Alan Simpson

Personal information
- Full name: Alan Richard Simpson
- Born: 21 June 1890 Shaftesbury, Dorset, England
- Died: 3 February 1972 (aged 81) Hastings, Sussex, England
- Batting: Unknown
- Bowling: Unknown

Domestic team information
- 1922/23: Europeans

Career statistics
| Competition | First-class |
| Matches | 1 |
| Runs scored | 24 |
| Batting average | 24.00 |
| 100s/50s | –/– |
| Top score | 20* |
| Balls bowled | 273 |
| Wickets | 8 |
| Bowling average | 14.37 |
| 5 wickets in innings | 1 |
| 10 wickets in match | – |
| Best bowling | 6/73 |
| Catches/stumpings | 1/– |
- Source: Cricinfo, 29 December 2023

= Alan Simpson (cricketer) =

English cricketer and soldier

Alan Richard Simpson (21 June 1890 – 3 February 1972) was an English first-class cricketer and an officer in the British Indian Army.

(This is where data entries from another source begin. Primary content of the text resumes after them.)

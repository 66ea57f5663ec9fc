-- ===== src/Server/Containers/Stopping.antt =====
-- internal/server/containers.go: stop, kill, rm and wait, and the watcher of a pod's end.
pub mod Released
pub mod Race
use docker_in_kubernetes.Prelude.{
  ℕ, zero, suc, Bool, true, false, not, ◌&&◌, ◌||◌, Option, none, some, List, [], ◌∷◌, ◌++◌, map,
  Text, text, if◌then◌else◌, filter, sort_by, ℤ, pos, negsuc, ltb, leb,
}
use docker_in_kubernetes.Forwarder.{Mapping}
use docker_in_kubernetes.Forwarder.Registry.{Registry, has, set_handle, close}
use docker_in_kubernetes.K8s.{PodStore, PodError, not_found, Outcome, done, fails, error_text}
use docker_in_kubernetes.Pod.{Pod}
use docker_in_kubernetes.Podspec.Build.{CreateRequest, BuildResult, build}
use docker_in_kubernetes.Podspec.Codec.{Codec}
use docker_in_kubernetes.Podspec.Identity.{container_id}
use docker_in_kubernetes.Podspec.Ports.{PortMapping, Result, ok, err}
use docker_in_kubernetes.Server.Containers.{
  LabelFilter, exit_code_from_pod, matches_label_filters, allocate_host_ports,
  write_ports_annotation, load_mappings_from_pod, to_forwarder_mappings, pod_terminated,
  parse_grace,
}
use docker_in_kubernetes.Server.Pending.{
  PendingContainer, PendingStore, reserve, remove, get_by_ref, mark_entry_started,
  mark_entry_failed, err_pending_removed, signal_at, new_signal,
}
use docker_in_kubernetes.Server.Pending as Pending
use docker_in_kubernetes.Server.Reply.{Reply, write_header, write_json, write_error}
use docker_in_kubernetes.Server.Summary.{DockerState, running, ContainerSummary, build_summary}
use docker_in_kubernetes.Server.Summary.Inspect.{ContainerInspect, build_inspect}
use docker_in_kubernetes.Server.Containers.Handlers.{Daemon, Context, no_such_container, id_of}

module _ {ℓ} {S : Type ℓ} (context : Context S) where
  unfoldable pub delete_pod : Pod → ℤ → Daemon S → Daemon S × Reply Text
  delete_pod pod grace d =
      let id = container_id context.sha256_hex pod.namespace pod.name in
      let registry = (close context.close_error d.registry id).0 in
      let (cluster, out) = context.pods.delete d.cluster pod.name grace in
      let d' = record d { registry = registry; cluster = cluster } in
      elim out [
        | done u ↦ (d', write_header 204)
        | fails not_found ↦ (d', write_header 204)
        | fails e ↦ (d', write_error 500 (error_text e))
      ]

  -- The pending container that stop, kill and rm drop.
  abbrev pub drop_pending : PendingContainer → Daemon S → Daemon S × Reply Text
  drop_pending p d = (
    record d { pending = remove p.id (mark_entry_failed p err_pending_removed d.pending) },
    write_header 204,
  )

  -- Handlers stop and kill, with their grace.
  unfoldable pub terminate : ℕ → ℤ → Text → Daemon S → Daemon S × Reply Text
  unfolding delete_pod
  terminate now grace id d =
      let (pending, found) = get_by_ref now id d.pending in
      let d' = record d { pending = pending } in
      elim found [
        | some p ↦ drop_pending p d'
        | none ↦ elim (context.pods.find_by_id d.cluster id) [
          | fails not_found ↦ (d', write_error 404 (no_such_container id))
          | fails e ↦ (d', write_error 500 (error_text e))
          | done pod ↦ delete_pod pod grace d'
        ]
      ]

  -- Handler delete.
  unfoldable pub delete : ℕ → Text → Daemon S → Daemon S × Reply Text
  unfolding delete_pod
  delete now id d =
      let (pending, found) = get_by_ref now id d.pending in
      let d' = record d { pending = pending } in
      elim found [
        | some p ↦ drop_pending p d'
        | none ↦ elim (context.pods.find_by_id d.cluster id) [
          | fails not_found ↦ (d', write_header 204)
          | fails e ↦ (d', write_error 500 (error_text e))
          | done pod ↦ delete_pod pod (pos 0) d'
        ]
      ]

  abbrev pub stop : ℕ → Text → Text → Daemon S → Daemon S × Reply Text
  stop now t id d = terminate now (parse_grace t (pos 10000000000)) id d

  abbrev pub kill : ℕ → Text → Daemon S → Daemon S × Reply Text
  kill now id d = terminate now (pos 0) id d

  -- One turn of watchPodForCleanup: whether it goes on.
  unfoldable pub watch_turn : Text → Text → Daemon S → Daemon S × Bool
  watch_turn name id d =
      let closed = record d { registry = (close context.close_error d.registry id).0 } in
      if not (has d.registry id) then (d, false) else elim (context.pods.get d.cluster name) [
        | fails not_found ↦ (closed, false)
        | fails e ↦ (d, true)
        | done pod ↦ if pod_terminated pod then (closed, false) else (d, true)
      ]

  -- One turn of waitForExit: the exit code, whether the pod is gone, or an error; or another turn.
  unfoldable pub exit_turn : Text → S → Option (Result (ℤ × Bool))
  exit_turn name s = elim (context.pods.get s name) [
    | fails not_found ↦ some (ok (pos 0, true))
    | fails e ↦ some (err (error_text e))
    | done pod ↦ elim (exit_code_from_pod pod) [ some exit ↦ some (ok (exit, false)) | none ↦ none ]
  ]

  -- The end of wait: with condition=removed the pod that exited is deleted.
  unfoldable pub wait_end : Text → ℤ × Bool → Bool → Daemon S → Daemon S × (ℤ × Bool)
  wait_end name (exit, gone) removed d =
      let registry = (close context.close_error d.registry (id_of context name)).0 in
      let cluster = (context.pods.delete d.cluster name (pos 0)).0 in
      if gone || not removed
      then (d, (exit, gone))
      else (record d { registry = registry; cluster = cluster }, (exit, gone))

Simpson was born at Shaftesbury in June 1890. He served in the First World War with the British Indian Army Reserve of Officers, being commissioned as a second lieutenant in July 1915. A further promotion to lieutenant followed in July 1916. Following the war, he was promoted to captain in April 1920, prior to retiring from the Indian Army in April 1923. Shortly before his retirement, he made a single appearance in first-class cricket for the Europeans cricket team against the Parsees at Poona in the 1922–23 Bombay Quadrangular. Playing in the Europeans team as a bowler, he took figures of 6 for 73 in the Parsees first innings and 2 for 42 in their second innings; despite this, the Europeans lost the match by 118 runs. Simpson batted twice in the match, being dismissed in the Europeans first innings for 4 runs by P. H. Daruwala, while in their second innings he was unbeaten on 20.

By October 1929, Simpson had returned to service in the Indian Army as a captain; however, his return to service last for just under two years, with Simpson resigning his commission in June 1931. He later died at Hastings in February 1972.